I haven't met your inlaws, but every one has family... Like I say, this argument has been rumbling for decades with my lot. I don't really drink so I guess don't understand how it feels. I just put out something of everything and let the fights begin.

DidoTheDodo · 09/08/2013 15:07

Offering wine to teetotallers is like offering fags to non smokers. They just wouldn't get WHY.
And surely nobody NEEDS wine to get through an awkward social situation. Might make it easier, but that's all!

afromom · 09/08/2013 15:18

I must admit I very rarely drink and never at home, only the odd cider at a party.
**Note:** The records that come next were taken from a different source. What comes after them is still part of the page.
-- ===== src/Transactions/Input.antt =====
-- `validateTxnInput`, `validateDividend`, `TransactionFromInput` (services/mapper.go) and the patch of `Update`.
use portfolio_dashboard.Prelude.{
  Bool, false, not, ◌&&◌, ◌||◌, Option, none, some, String, if◌then◌else◌, ltb, nat_beq, string_eq,
}
use portfolio_dashboard.Clock.{Time, utc_date}
use portfolio_dashboard.Errors.{Error, validation}
use portfolio_dashboard.Double.{
  Double, nought, is_neg, le, is_positive64, amount_cents, round_cents,
}
use portfolio_dashboard.Domain.{TxnType, Transaction, Holding, is_opening, is_dividend}
use portfolio_dashboard.Snapshot.{get_or}
use portfolio_dashboard.Heal.{currency_of}

-- `api.TransactionInput`: a request's fields, with `none` for an absent one.
pub record TransactionInput (F : Type 0) : Type 0 where
  pub type : TxnType
  pub date : Time
  pub quantity : Option F
  pub amount : Option F
  pub ratio : Option F
  pub realized_seed : Option F
  pub notes : Option String

abbrev refuse_unless : Bool → Option Error
refuse_unless b = if b then none else some validation

-- `ledgerCurrency`
unfoldable pub ledger_currency : {F : Type 0} → (String → String) → Holding F → String
ledger_currency to_upper h = get_or (currency_of to_upper h) (to_upper h.currency)

module _ {F : Type 0} ⦃d : Double F⦄ where
  open d use {literal, is_nan, is_inf}

  abbrev pub max_dividend_amount : F
  max_dividend_amount = literal 1_000_000_000_000 0

  unfoldable pub validate_dividend : Time → F → Time → Option Error
  validate_dividend date amount today =
      if is_nan amount
        || is_inf amount
        || not (is_positive64 (amount_cents amount))
        || le max_dividend_amount amount
      then some validation
      else if ltb today (utc_date date)
      then some validation
      else none

  -- Whether an optional field is there and not `<= 0`.
  abbrev given_pos : Option F → Bool
  given_pos none = false
  given_pos (some a) = not (le a nought)

  abbrev given_nonneg : Option F → Bool
  given_nonneg none = false
  given_nonneg (some a) = not (is_neg a)

  unfoldable pub validate_type : TxnType → TransactionInput F → Time → Option Error
  unfolding validate_dividend
  validate_type TxnType.opening input today = elim input.quantity [
    | none ↦ none
    | some q ↦ refuse_unless (not (is_neg q))
  ]
  validate_type TxnType.dividend input today = elim input.amount [
    | none ↦ some validation
    | some amount ↦ validate_dividend input.date amount today
  ]
  validate_type TxnType.split input today = refuse_unless (given_pos input.ratio)
  validate_type TxnType.bonus input today = refuse_unless (given_pos input.ratio)
  validate_type TxnType.merger input today = none
  validate_type TxnType.unknown input today = some validation
  validate_type _ input today =
      refuse_unless (given_pos input.quantity && given_nonneg input.amount)

  unfoldable pub validate_txn_input : TransactionInput F → Time → Option Error
  unfolding validate_type
  validate_txn_input input today = validate_type input.type input today

  abbrev stored_amount : TxnType → Option F → F
  stored_amount k none = nought
  stored_amount k (some a) = if is_dividend k then round_cents a else a

  unfoldable pub transaction_from_input : TransactionInput F → Transaction F
  transaction_from_input input = record {
    id = 0;
    user_id = 0;
    holding_id = 0;
    type = input.type;
    date = input.date;
    quantity = get_or input.quantity nought;
    amount = stored_amount input.type input.amount;
    ratio = get_or input.ratio nought;
    realized_seed = get_or input.realized_seed nought;
    opening_date = none;
    currency = "";
    import_meta = none;
    notes = get_or input.notes "";
    created_at = 0;
    updated_at = 0;
  }

  -- Whether an edited opening moves to another day.
  unfoldable pub needs_opening_date : Transaction F → Transaction F → Bool
  needs_opening_date patch prev =
      is_opening patch.type && not (nat_beq (utc_date patch.date) (utc_date prev.date))

  -- The `$set` of `Update`, decided by the event that was read before and applied to the stored one.
  unfoldable pub patched : Time → Transaction F → Transaction F → Transaction F → Transaction F
  unfolding needs_opening_date
  patched now patch prev x = record x {
    type = patch.type;
    date = patch.date;
    quantity = patch.quantity;
    amount = patch.amount;
    ratio = patch.ratio;
    realized_seed = patch.realized_seed;
    notes = patch.notes;
    updated_at = now;
    opening_date = if needs_opening_date patch prev then some patch.date else x.opening_date;
  }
I wouldn't think to offer the wine that was handed over, however if someone asked could I have a glass of wine when offered a drink I would give them one with no problem. It could just be that they didn't think to offer. Next time I would just ask for a glass of wine when offered a drink.

SauvignonBlanche · 09/08/2013 17:13

They're not teetotallers Dido, I did say that they do drink earlier in the thread.
Part of the many reasons why the visit is hard work afromom is that you are not offered anything, if they did, your advice would work nicely.
As DH noted the following morning, when we went out to the shop together to get breakfast, they don't really 'do' hospitality. I guess I find it hard as I'm the opposite.

OP posts:
EndoplasmicReticulum · 09/08/2013 17:21

I'm now imagining the Puritan aunt and uncle who visit Blackadder.